Educate employees on elder vulnerabilities. Perhaps the most important step is to educate employees on how age can impact some customers' decision-making, why the elderly are more vulnerable to scams, and that the amount and severity of the related exploitation is on the rise. Such education could include awareness training, coupled with training on the firm's procedures for detecting, reporting, and stopping third-party abuse. In addition to informing their customer-facing employees, firms might find it prudent to include their back office employees who see and process fund transfers and account files.

Document meetings with at-risk customers. For customer-facing employees, firms should emphasize recordkeeping and preserving communications. These employees should pay particular attention to who, besides the customer, attends meetings or participates in decisions around finances and investment product purchasing. For elderly clients or those who have medical or physical impairment, financial professionals might consider how they will document competence. In some cases, this may include requesting a letter from a medical professional attesting to continued competence in financial decision making.

Practice defensive advising and sales for higher-risk products. Similar to practicing "defensive medicine," firms might consider "defensive investment advising" for elderly and disabled clients. Certain products and transactions may tend to lead to this sort of litigation, whether warranted or not. For these, firms might find it desirable to offer specialized training or documentation requirements for the sales teams.
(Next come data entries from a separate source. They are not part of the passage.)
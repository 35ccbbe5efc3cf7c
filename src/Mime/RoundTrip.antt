-- ===== src/Mime/RoundTrip.antt =====
-- A request that `get_request_data` of as4/core/message.py makes, as `unpack_message` of
-- as4/profiles/peppol/profile.py reads it.
use as_lib.Base.{◌≡◌, refl, ap, sym, ◌∙◌, String, ◌<>◌, true, none, some, [], ◌∷◌, string_eq}
use as_lib.Base.Text.{nonempty, strip, strip_of}
use as_lib.Platform.{Bytes}
use as_lib.Models.Soap.{Envelope}
use as_lib.Outcome.{ok, ok-injective}
use as_lib.Message.{As4Message}
use as_lib.Serialise.Envelopes.{dump_envelope}
use as_lib.Mime.{
  Part, part, no_parts, first_part, find_part, get_content_id, get_encrypted_part, get_soap_part,
  parse_parts, payload_from_request, unpack_message,
}
use as_lib.Mime.Writing.{
  Writer, build_request_data, get_http_headers, get_request_data,
  make_attachment_part_request_field, make_soap_part_request_field, require_soap_envelope,
}

-- The two parts as the parser gives them back.
abbrev pub written_parts : Bytes → String → Bytes → Part
written_parts soap_xml cid content = part "multipart/related" none none (
    first_part (part "application/soap+xml" none (some soap_xml) no_parts) (
      first_part
        (part "application/octet-stream" (some ("<" <> cid <> ">")) (some content) no_parts)
        no_parts))

module _ (w : Writer) (parsebytes : Bytes → Part) where
  -- The email parser gives back the parts of a request that `urllib3` has encoded, under the
  -- headers that name its type and its boundary: an attachment under this id.
  abbrev pub ParsesBack : String → Bytes → Bytes → Type 0
  ParsesBack cid soap_xml content =
      parsebytes (
        payload_from_request (get_http_headers w w.choose_boundary none) (
          w.encode_multipart_formdata
            (make_soap_part_request_field soap_xml
              ∷ make_attachment_part_request_field (cid, content)
              ∷ [])
            w.choose_boundary))
      ≡ written_parts soap_xml cid content

  soap_found :
      (soap_xml content : Bytes) (cid : String)
      → get_soap_part (written_parts soap_xml cid content)
        ≡ some (part "application/soap+xml" none (some soap_xml) no_parts)
  unfolding get_soap_part find_part string_eq
  soap_found soap_xml content cid = refl

  payload_found :
      (soap_xml content : Bytes) (cid : String)
      → get_encrypted_part (written_parts soap_xml cid content)
        ≡ some (part "application/octet-stream" (some ("<" <> cid <> ">")) (some content) no_parts)
  unfolding get_encrypted_part find_part string_eq
  payload_found soap_xml content cid = refl

  unpack-written_parts :
      (payload soap_xml content : Bytes) (cid : String)
      → parsebytes payload ≡ written_parts soap_xml cid content
      → strip_of (strip ("<" <> cid <> ">")) "<>" ≡ cid
      → nonempty cid ≡ true
      → unpack_message parsebytes payload ≡ ok (soap_xml, (cid, content) ∷ [])
  unfolding unpack_message parse_parts get_content_id
  unpack-written_parts payload soap_xml content cid parsed bare named =
      rw
        (
          unpack_message,
          parse_parts,
          parsed,
          soap_found soap_xml content cid,
          payload_found soap_xml content cid,
          get_content_id,
          bare,
          named,
        )
        refl

pub unpack_message-get_request_data :
    (w : Writer) (parsebytes : Bytes → Part) (m : As4Message) (envelope : Envelope)
    (cid boundary : String) (content body : Bytes)
    → ParsesBack w parsebytes cid
        (w.tostring (dump_envelope w.b64encode w.isoformat envelope))
        content
    → m.soap_envelope ≡ some envelope
    → m.mime_attachments ≡ (cid, content) ∷ []
    → strip_of (strip ("<" <> cid <> ">")) "<>" ≡ cid
    → nonempty cid ≡ true
    → get_request_data w m ≡ ok (body, boundary)
    → unpack_message parsebytes (payload_from_request (get_http_headers w boundary none) body)
      ≡ ok (w.tostring (dump_envelope w.b64encode w.isoformat envelope), m.mime_attachments)
unfolding get_request_data require_soap_envelope build_request_data
unpack_message-get_request_data w parsebytes m envelope cid boundary content body parses e a bare
      named h =
    let soap_xml = w.tostring (dump_envelope w.b64encode w.isoformat envelope) in
    let encoded =
      w.encode_multipart_formdata
        (make_soap_part_request_field soap_xml
          ∷ make_attachment_part_request_field (cid, content)
          ∷ [])
        w.choose_boundary in
    let same : (encoded, w.choose_boundary) ≡ (body, boundary) =
      ok-injective (rw (get_request_data, require_soap_envelope, e, a) at h) in
    ap
      (λ (r : Bytes × String).
        unpack_message parsebytes (payload_from_request (get_http_headers w r.1 none) r.0))
      (sym same)
    ∙ unpack-written_parts w parsebytes
        (payload_from_request (get_http_headers w w.choose_boundary none) encoded) soap_xml content
        cid parses bare named
    ∙ ap (λ d. ok (soap_xml, d)) (sym a)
Three examples are exotic or foreign CDs, penny stocks, and any transaction that requires borrowing against one product or investment to fund the purchase of a second.

Revisit fraud detection and reporting policies and procedures. Firms should review their policies and procedures, including for compliance with FINRA's new rules requiring reasonable efforts to obtain a "trusted contact person" for each accountholder and permitting temporary holds for certain transactions for elderly customers. Firms should further consider building out training, reporting, and authority lines for senior-related issues. The policies might cover how to handle receipt of new powers of attorney, requests for irregular transfers, suspected incompetence, and reporting of suspected financial elder abuse by a customer's relatives or associates or by other firm employees. Procedures for reporting of suspected abuse could include guidance for reporting "up" within the firm and reporting "out" to Florida's Adult Protective Services or to financial regulators.

Identify leaders on elder abuse issues within the firm. Depending on a firm's size, it might designate a unit or person to receive specialized training and be the internal source of advice or approvals on harder questions of customer competence. One purpose this serves is to support the customer-facing representatives, who face such decisions as whether to honor a power of attorney from a long-lost nephew to transfer several million dollars out of an elderly person's accounts. Firms might find that centralization helps them to give consistent answers across the firm on common issues.

The content of this article is intended to provide a general guide to the subject matter. Specialist advice should be sought about your specific circumstances.